So, roll the clock forward to my mid to later twenties, I had been in practice for a few years and was building a lot of models of psychological and leadership growth and working with companies and organizations. As a result of all that activity, I was continually being asked to speak for the organizations, businesses, churches, and the like. And … I always refused. One hundred percent.

            When asked, I would just say, “No, that’s just not something I do.” And let it go. No way was I ever going to stand up in front of a group again. I went about my private clinical and consulting practice, and that was enough for me. Small meetings around a table were okay, but nothing larger.

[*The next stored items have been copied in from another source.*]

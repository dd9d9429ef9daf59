-- ===== src/Matching/Scoring/Request.antt =====
-- Requests to queue jobs for scoring (`queueJobsForMatching` in src/lib/matching/scoringQueue.ts).
use internship_pilot.Prelude.{
  ℕ, ◌+◌, ◌-◌, ◌≡◌, refl, arith, ◌||◌, Bool, true, false, not, Option, none, some, List, [], str_eq,
  ◌∷◌, map, String, is_some, length, length-keep, keep, includes, ◌==◌, if◌then◌else◌, Bool-cases,
  inl, inr,
}
use internship_pilot.Database.{Table}
use internship_pilot.Program.{Program, ok}
use internship_pilot.Matching.Scoring.{
  queued, is_not_scored, is_waiting, JobRow, Store, trigger_scoring_worker,
}

pub record QueueMatchOptions : Type 0 where
  pub job_id : Option String
  pub all_unscored : Bool
  pub rescore_stale : Bool

pub record QueueMatchResult : Type 0 where
  pub requested : ℕ
  pub eligible : ℕ
  pub already_queued : ℕ
  pub newly_queued : ℕ
  pub skipped : ℕ
  pub reasons : List String

abbrev pub queued_with : ℕ → ℕ → JobRow → JobRow
queued_with priority now r = record r {
  scoring_state = queued;
  scoring_priority = priority;
  scoring_queued_at = some now;
  scoring_error = none;
}

abbrev pub is_eligible : String × JobRow → Bool
is_eligible p = not (is_some p.1.match_score) || is_not_scored p.1.scoring_state

abbrev pub waits : String × JobRow → Bool
waits p = is_waiting p.1.scoring_state

abbrev pub ids_of : List (String × JobRow) → List String
ids_of rows = map (λ p. p.0) rows

abbrev pub nothing_to_score : ℕ → List String
nothing_to_score eligible = if eligible == 0 then "All active jobs are already scored." ∷ [] else []

module _ (J : Table JobRow) where
  abbrev pub active_jobs : Store J → List (String × JobRow)
  active_jobs s = J.find_many (λ _ r. r.active_feed) s.jobs

  -- `updateMany({ where: { id: { in } } })`, and the worker's timer.
  abbrev pub queue_all : ℕ → List (String × JobRow) → Store J → Store J
  queue_all now rows s = trigger_scoring_worker J (record s {
    jobs = J.update_many (λ k _. includes (ids_of rows) k) (queued_with 1 now) s.jobs;
  })

  abbrev pub queue_one : ℕ → String → Option JobRow → Program (Store J) QueueMatchResult
  queue_one now id none s = (
    ok (record {
      requested = 1;
      eligible = 0;
      already_queued = 0;
      newly_queued = 0;
      skipped = 1;
      reasons = "Job not found" ∷ [];
    }),
    s,
  )
  queue_one now id (some r) s =
      let waiting = is_waiting r.scoring_state in
      (
        ok (record {
          requested = 1;
          eligible = 1;
          already_queued = if waiting then 1 else 0;
          newly_queued = if waiting then 0 else 1;
          skipped = 0;
          reasons = [];
        }),
        trigger_scoring_worker J
            (record s { jobs = J.update_at id (λ _. true) (queued_with 10 now) s.jobs }),
      )

  abbrev pub queue_unscored : ℕ → Program (Store J) QueueMatchResult
  queue_unscored now s =
      let active = active_jobs s in
      let eligible = keep is_eligible active in
      let to_queue = keep (λ p. not (waits p)) eligible in
      (
        ok (record {
          requested = length active;
          eligible = length eligible;
          already_queued = length (keep waits eligible);
          newly_queued = length to_queue;
          skipped = length active - length eligible;
          reasons = nothing_to_score (length eligible);
        }),
        queue_all now to_queue s,
      )

  abbrev pub queue_stale : ℕ → Program (Store J) QueueMatchResult
  queue_stale now s =
      let active = active_jobs s in
      let to_queue = keep (λ p. not (waits p)) active in
      (
        ok (record {
          requested = length active;
          eligible = length active;
          already_queued = length active - length to_queue;
          newly_queued = length to_queue;
          skipped = 0;
          reasons = [];
        }),
        queue_all now to_queue s,
      )

  abbrev pub queue_many : Bool → Bool → ℕ → Program (Store J) QueueMatchResult
  queue_many true stale now s = queue_unscored now s
  queue_many false true now s = queue_stale now s
  queue_many false false now s = (
    ok (record {
      requested = 0;
      eligible = 0;
      already_queued = 0;
      newly_queued = 0;
      skipped = 0;
      reasons = "No option provided" ∷ [];
    }),
    s,
  )

  abbrev pub queue_by : Option String → QueueMatchOptions → ℕ → Program (Store J) QueueMatchResult
  queue_by none options now s = queue_many options.all_unscored options.rescore_stale now s
  queue_by (some id) options now s =
      if str_eq id ""
      then queue_many options.all_unscored options.rescore_stale now s
      else queue_one now id (J.find_unique id s.jobs) s

  unfoldable pub queue_jobs_for_matching :
      QueueMatchOptions → ℕ → Program (Store J) QueueMatchResult
  queue_jobs_for_matching options now s = queue_by options.job_id options now s

  -- The numbers of a report add up.
  abbrev pub AddsUp : Program (Store J) QueueMatchResult → Store J → Type 0
  AddsUp m s =
      (r : QueueMatchResult) × ((m s).0 ≡ ok r)
      × (r.requested ≡ r.eligible + r.skipped)
      × (r.eligible ≡ r.already_queued + r.newly_queued)

  parted :
      (w : String × JobRow → Bool) (xs : List (String × JobRow))
      → length xs ≡ length (keep w xs) + length (keep (λ p. not (w p)) xs)
  parted w [] = refl
  parted w (x ∷ xs) = ground (arith, parted w xs)

  queue_one-AddsUp :
      (now : ℕ) (id : String) (o : Option JobRow) (s : Store J) → AddsUp (queue_one now id o) s
  queue_one-AddsUp now id none s = (_, refl, refl, refl)
  queue_one-AddsUp now id (some r) s = (_, refl, refl, ground arith)

  queue_many-AddsUp :
      (unscored stale : Bool) (now : ℕ) (s : Store J) → AddsUp (queue_many unscored stale now) s
  queue_many-AddsUp true stale now s =
      let active = active_jobs s in
      (
        _,
        refl,
        (let fewer = length-keep is_eligible active in omega arith),
        parted waits (keep is_eligible active),
      )
  queue_many-AddsUp false true now s =
      let active = active_jobs s in
      (_, refl, omega arith, (let fewer = length-keep (λ p. not (waits p)) active in omega arith))
  queue_many-AddsUp false false now s = (_, refl, refl, refl)

  -- Every request is answered with a report, and its numbers add up: each job it asked for is
  -- eligible or skipped, and each eligible one was queued before or is queued now.
  pub queue_jobs_for_matching-AddsUp :
      (options : QueueMatchOptions) (now : ℕ) (s : Store J)
      → AddsUp (queue_jobs_for_matching options now) s
  unfolding queue_jobs_for_matching
  queue_jobs_for_matching-AddsUp options now s = queue_by-AddsUp options.job_id
    where
      queue_by-AddsUp : (o : Option String) → AddsUp (queue_by o options now) s
      queue_by-AddsUp none = queue_many-AddsUp options.all_unscored options.rescore_stale now s
      queue_by-AddsUp (some id) = elim (Bool-cases (str_eq id "")) [
        | inl y ↦ rw y (queue_many-AddsUp options.all_unscored options.rescore_stale now s)
        | inr n ↦ rw n (queue_one-AddsUp now id (J.find_unique id s.jobs) s)
      ]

            Then one day, I was at the gym and headed to the showers when this big  guy walked up to me. He was huge. (Actually, he had played NFL football for the LA Rams.) I was wondering what he wanted when he looked at me and asked, “Are you a Christian?”

            That seemed weird …a big guy in the gym showers walking up to me asking if I am a Christian.

            “Uh … yeah.” I answered.

            “Well, God just told me to tell you something,“ he said.

            My first thought was “Well, I am also a psychologist, and I can make those voices go away.” But I didn’t say that.” I just replied, “What?”

            “Yes, that’s right. Don’t worry, I am not a weirdo. I am a pastor. And God just clearly spoke to me about you,” he explained. He told me then he was pastor at the Newport Vineyard Church, a good place that I was familiar with. So I agreed to talk to him.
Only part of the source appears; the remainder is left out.